Saved data entries
::::
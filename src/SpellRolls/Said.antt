-- ===== src/SpellRolls/Said.antt =====
-- What a spell go and spell damage say that src/spell_rolls.rs takes a category from.
use wire_harness.Prelude.{
  ℕ, ◌<◌, ◌^◌, ◌-◌, ◌≡◌, ◌⊎◌, inl, inr, refl, ap, ◌∙◌, pos, Bool, true, false, ltb, has, Option,
  none, some, ok, Gives, Gives-bind, Gives-then, Bool-cases, arith, if◌then◌else◌, ◌>>=◌,
}
use wire_harness.Decode.Field.{
  Field, Fields, unsigned, signed, guid, list, object, nil, cons, lookup,
}
use wire_harness.Reading.{is_guid, is_unsigned, number, numbers_are}
use wire_harness.SpellRolls.Outcomes.{
  missing_number, unsolicited_go, unsolicited_damage, missing_hits, missing_misses, other_target,
  damage_context, damage_flags, Category, miss, resist, crit, hit,
}
use wire_harness.SpellRolls.{
  go, damage, same_pending, Collector, listed, only_hit, only_miss, miss_category, landing,
  resisted, struck,
}
use wire_harness.SpellRolls.Protocol.{same_pending-eq}
use wire_harness.SpellRolls.Reported.{harm, plain, Reported, harmed}
use wire_harness.SpellRolls.Reads.{
  is_guid-lookup, is_unsigned-lookup, number-lookup, NumbersThere, numbers-lookup, listed-list,
  resisted-signed, only_miss-one,
}

-- What the one miss of a packet says.
unfoldable pub MissOf : Collector → Field → Category → Type 0
MissOf s f k =
    (m : Fields) × ((f ≡ object m)
      × ((lookup "guid" m ≡ some (guid s.target))
          × (((k ≡ miss) × (lookup "reason" m ≡ some (unsigned 1)))
              ⊎ ((k ≡ resist) × (lookup "reason" m ≡ some (unsigned 2))))))

pub miss_category-MissOf :
    (s : Collector) (f : Field) → Gives (MissOf s f) (miss_category s.target f)
unfolding miss_category Gives MissOf
miss_category-MissOf s (object m) =
    Gives-then (MissOf s (object m)) (is_guid "guid" s.target m) other_target _ λ h.
      elim (Bool-cases (is_unsigned "reason" 1 m)) [
        | inl e ↦ rw e (
          m,
          (
            refl,
            (is_guid-lookup "guid" s.target m h, inl (refl, is_unsigned-lookup "reason" 1 m e)),
          ),
        )
        | inr e ↦ elim (Bool-cases (is_unsigned "reason" 2 m)) [
          | inl f ↦
              rw (e, f)
                (
                  m,
                  (
                    refl,
                    (
                      is_guid-lookup "guid" s.target m h,
                      inr (refl, is_unsigned-lookup "reason" 2 m f),
                    ),
                  ),
                )
          | inr f ↦ rw (e, f) tt
        ]
      ]
miss_category-MissOf s f = tt

-- What a spell go says when it reports a miss.
unfoldable pub LandedAs : Collector → Fields → Option Category → Type 0
LandedAs s fs none = Unit
LandedAs s fs (some k) =
    (s.pending ≡ go)
    × ((f : Field) × ((lookup "hits" fs ≡ some (list nil))
          × ((lookup "misses" fs ≡ some (list (cons f nil))) × MissOf s f k)))

pub landing-LandedAs : (s : Collector) (fs : Fields) → Gives (LandedAs s fs) (landing s fs)
unfolding landing Gives LandedAs
landing-LandedAs s fs = Gives-then (LandedAs s fs) (same_pending s.pending go) unsolicited_go _ λ p.
    Gives-bind (λ hits. lookup "hits" fs ≡ some (list hits)) (LandedAs s fs)
      (listed (lookup "hits" fs) missing_hits) _ (listed-list _ missing_hits)
      λ hits h.
        Gives-bind (λ misses. lookup "misses" fs ≡ some (list misses)) (LandedAs s fs)
          (listed (lookup "misses" fs) missing_misses) _ (listed-list _ missing_misses)
          λ misses m. elim (Bool-cases (only_hit s.target hits misses)) [
            | inl e ↦ rw e tt
            | inr e ↦ rw e (
                Gives-bind (λ f. (hits ≡ nil) × (misses ≡ cons f nil)) (LandedAs s fs)
                  (only_miss hits misses) _ (only_miss-one hits misses)
                  λ f (no_hit, one).
                    Gives-bind (MissOf s f) (LandedAs s fs) (miss_category s.target f) _
                      (miss_category-MissOf s f)
                      λ k q. (
                        same_pending-eq s.pending go p,
                        (
                          f,
                          (
                            h ∙ ap (λ x. some (list x)) no_hit,
                            (m ∙ ap (λ x. some (list x)) one, q),
                          ),
                        ),
                      ))
          ]

-- What spell damage says.
unfoldable pub StruckAs : Collector → Fields → Category × Bool → Type 0
StruckAs s fs (k, part) =
    (flags : ℕ) × ((withheld : ℕ) × ((k ≡ (if has flags 2 then crit else hit))
        × ((part ≡ ltb 0 withheld) × Reported s fs 0x0250 (harm (has flags 2) (ltb 0 withheld)))))

-- When the flags of damage are known, there is damage.
unfoldable pub Dealt : ℕ → Fields → Bool → Type 0
Dealt flags fs b =
    b ≡ true
    → (has flags (2 ^ 64 - 3) ≡ false)
      × ((dealt : ℕ) × ((lookup "damage" fs ≡ some (unsigned dealt)) × (0 < dealt)))

pub known-Dealt :
    (flags : ℕ) (fs : Fields)
    → Gives (Dealt flags fs) (
        if has flags (2 ^ 64 - 3)
        then ok false
        else (number missing_number "damage" fs >>= λ n. ok (ltb 0 n)))
unfolding Gives Dealt
known-Dealt flags fs = elim (Bool-cases (has flags (2 ^ 64 - 3))) [
  | inl e ↦ rw e (λ q. absurd (ground (arith, q)))
  | inr e ↦ rw e (
      Gives-bind (λ n. lookup "damage" fs ≡ some (unsigned n)) (Dealt flags fs)
        (number missing_number "damage" fs) _ (number-lookup "damage" fs)
        λ n f q. (e, (n, (f, ground (arith, q)))))
]

pub struck-StruckAs : (s : Collector) (fs : Fields) → Gives (StruckAs s fs) (struck s fs)
unfolding struck StruckAs Gives NumbersThere Dealt
struck-StruckAs s fs =
    let R = StruckAs s fs in
    Gives-then R (same_pending s.pending damage) unsolicited_damage _ λ p.
      Gives-then R (is_guid "target" s.target fs) other_target _ λ t.
        Gives-bind (NumbersThere (plain s.school) fs) R
          (numbers_are missing_number (plain s.school) fs) _ (numbers-lookup (plain s.school) fs)
          λ eligible all. Gives-then R eligible damage_context _ λ q.
            Gives-bind (λ n. lookup "hit_info" fs ≡ some (unsigned n)) R
              (number missing_number "hit_info" fs) _ (number-lookup "hit_info" fs)
              λ flags f.
                Gives-bind (λ n. lookup "resisted" fs ≡ some (signed (pos n))) R
                  (resisted (lookup "resisted" fs)) _ (resisted-signed _)
                  λ withheld w.
                    Gives-bind (Dealt flags fs) R
                      (if has flags (2 ^ 64 - 3)
                        then ok false
                        else (number missing_number "damage" fs >>= λ n. ok (ltb 0 n)))
                      _ (known-Dealt flags fs)
                      λ known d. Gives-then R known damage_flags _ λ k.
                        let (clear, (dealt, (there, positive))) = d k in
                        (
                          flags,
                          (
                            withheld,
                            (
                              refl,
                              (
                                refl,
                                harmed (same_pending-eq s.pending damage p)
                                    (is_guid-lookup "target" s.target fs t) (all q) f clear there
                                    positive w,
                              ),
                            ),
                          ),
                        )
::::
(What the task requires) Matching lines for the string "clear": work out how many the records contain and write only the number.

(Result for this task) 2